Image by Rodrigo Picón
Kings, armies, and governments have fought over the control of chloroquine to cure malaria. It has been tested against the coronavirus, but scientific studies indicate that it does not benefit patients.
When Hitler invaded the Netherlands in 1940, Germany seized almost the entire quinine inventory available in the world to treat malaria. Two years later, Japan occupied the island of Java, where the remaining quinine was produced. To prevent American soldiers from dying of malaria while fighting in the Pacific, the administration of President Franklin D. Roosevelt ordered that new drugs be tested to cure the disease. Doctors tried Atabrine first, but a rumor spread saying that it caused impotence and so soldiers refused to take it. They decided to try a drug made from quinine and synthesized it in Germany: chloroquine.
Soldiers suffering from fevers improved after taking chloroquine, and mortality dropped over the weeks. The researchers found that it prevented the reproduction of malarial parasites in red blood cells. Fueled by the adrenaline rush of World War II, American physicians dubbed chloroquine “the magic bullet” because it caused few side effects and worked against all four species of the parasite.
Eighty years later, driven by the political backing of another American president, some governments and scientists pinned their hopes of finding an effective treatment for COVID-19 on chloroquine. Donald Trump supported the use of antimalarials—especially hydroxychloroquine, a chemical derivative of chloroquine made with an oxygen atom and a hydrogen atom. Its formulation makes it more “agile” to inhibit the reproduction of infectious agents such as viruses and parasites, explains Venezuelan virologist José Esparza.
Ten days after the World Health Organization declared the outbreak a pandemic, Trump said that hydroxychloroquine and azithromycin offered a “real opportunity” to become one of the greatest game-changers in medical history. A group of French researchers reported improvements in twenty COVID-19 patients treated with the drugs, and in vitro cell tests indicated that antimalarials helped to slow down the reproduction of the virus.
Upon testing positive for COVID-19, Brazilian President Jair Bolsonaro recorded a video of himself taking a hydroxychloroquine pill. In Venezuela, Nicolás Maduro congratulated the scientists working on the local production of chloroquine diphosphate, and the Ministry of Health ordered medical professionals to treat COVID-19 patients with chloroquine when the lockdown started on Monday, March 16, 2020.

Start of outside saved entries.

-- ===== src/Vessel/Sync/Orphan.antt =====
-- The outbox rows of a deleted report.
use ovl.Base.{
  ℕ, String, Bool, not, none, some, List, [], ◌∷◌, keep, All, ◌≡◌, refl, arith, str_eq, eq_iff,
  Option-cases, inl, inr,
}
use ovl.Wire.{StructPb}
use ovl.Vessel.Outbox.{audit_event_item, OutboxItem}
use ovl.Vessel.Store.{
  VesselDb, EventRow, get_latest_version, delete_latest, delete_report, find_event, get_event_by_id,
}
use ovl.Vessel.Sync.{build_outbox_item, hydrate, hydrate_event}

module _ {F : Type 0} where
  -- Every row with the key is of the report: the key is the table's primary key.
  abbrev pub OfReport : ℕ → String → List (EventRow F) → Type 0
  OfReport n id rows = All (λ (row : EventRow F). row.id ≡ n → row.event.report_id ≡ id) rows

  find_event-deleted :
      (n : ℕ) (id : String) (rows : List (EventRow F))
      → OfReport n id rows
      → find_event n (keep (λ (row : EventRow F). not (str_eq row.event.report_id id)) rows) ≡ none
  unfolding find_event
  find_event-deleted n id [] h = refl
  find_event-deleted n id (row ∷ rows) h =
      ground (arith, h.0, eq_iff row.event.report_id id, find_event-deleted n id rows h.1)

module _ {F S : Type 0} (pb : StructPb F S) where
  -- Once a report is deleted, the outbox is as before, and an item in it that names one of the
  -- report's audit events cannot be built any more, whichever reads succeed.
  pub delete_report-orphan :
      (db db' : VesselDb F) (report_id user : String) (now n : ℕ) (readable : OutboxItem → Bool)
      (item : OutboxItem)
      → delete_report db report_id user now ≡ some db'
      → item.kind ≡ audit_event_item
      → item.report_event_id ≡ some n
      → OfReport n report_id db.events
      → (db'.outbox ≡ db.outbox) × (build_outbox_item ⦃pb = pb⦄ db' readable item ≡ none)
  unfolding delete_report delete_latest build_outbox_item hydrate hydrate_event get_event_by_id
  delete_report-orphan db db' report_id user now n readable item d k e h =
      elim (Option-cases (get_latest_version db report_id)) [
        | inl f ↦ ground (arith, d, f)
        | inr (latest, f) ↦ (
          ground (arith, d, f),
          ground (arith, d, f, k, e, find_event-deleted n report_id db.events h),
        )
      ]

Chloroquine and hydroxychloroquine were included in one of the four groups of drugs that the WHO incorporated into Solidarity, a global clinical trial aiming to test the effectiveness of known and available treatments for other diseases, against COVID-19. Other drugs include remdesivir, which has been used for Ebola and respiratory syndromes, lopinavir/ritonavir, used for HIV, and interferon β-1a, which treats multiple sclerosis.
Even though researchers warned about the lack of scientific evidence showing that antimalarials were effective against the coronavirus, on Monday, May 18, Trump confirmed that he was taking hydroxychloroquine to prevent contagion. Four days later, the scientific journal The Lancet published a study attributing “an increase in the risk of ventricular arrhythmias and an increased risk of hospital death” in COVID-19 patients to the use of chloroquine and hydroxychloroquine. The finding forced the WHO to temporarily suspend the drugs from the Solidarity program.
A group of 174 physicians, scientists, statisticians, and ethicists questioned the quality of the data and the methodology used to support the findings in The Lancet study. The group cited the study’s use of medical records of 96,032 patients treated in 671 hospitals, records which were collected by an unknown international consulting firm called Surgisphere. They demanded clarification on the terms of the data sharing agreements between Surgisphere and the governments and hospitals that provided the patient information, but the authors refused. In a letter to the editor of The Lancet, they asked the WHO to conduct an independent verification of the data. The journal retracted the study; suspicions that chloroquine and hydroxychloroquine were harming the patients receiving coronavirus treatments still remained.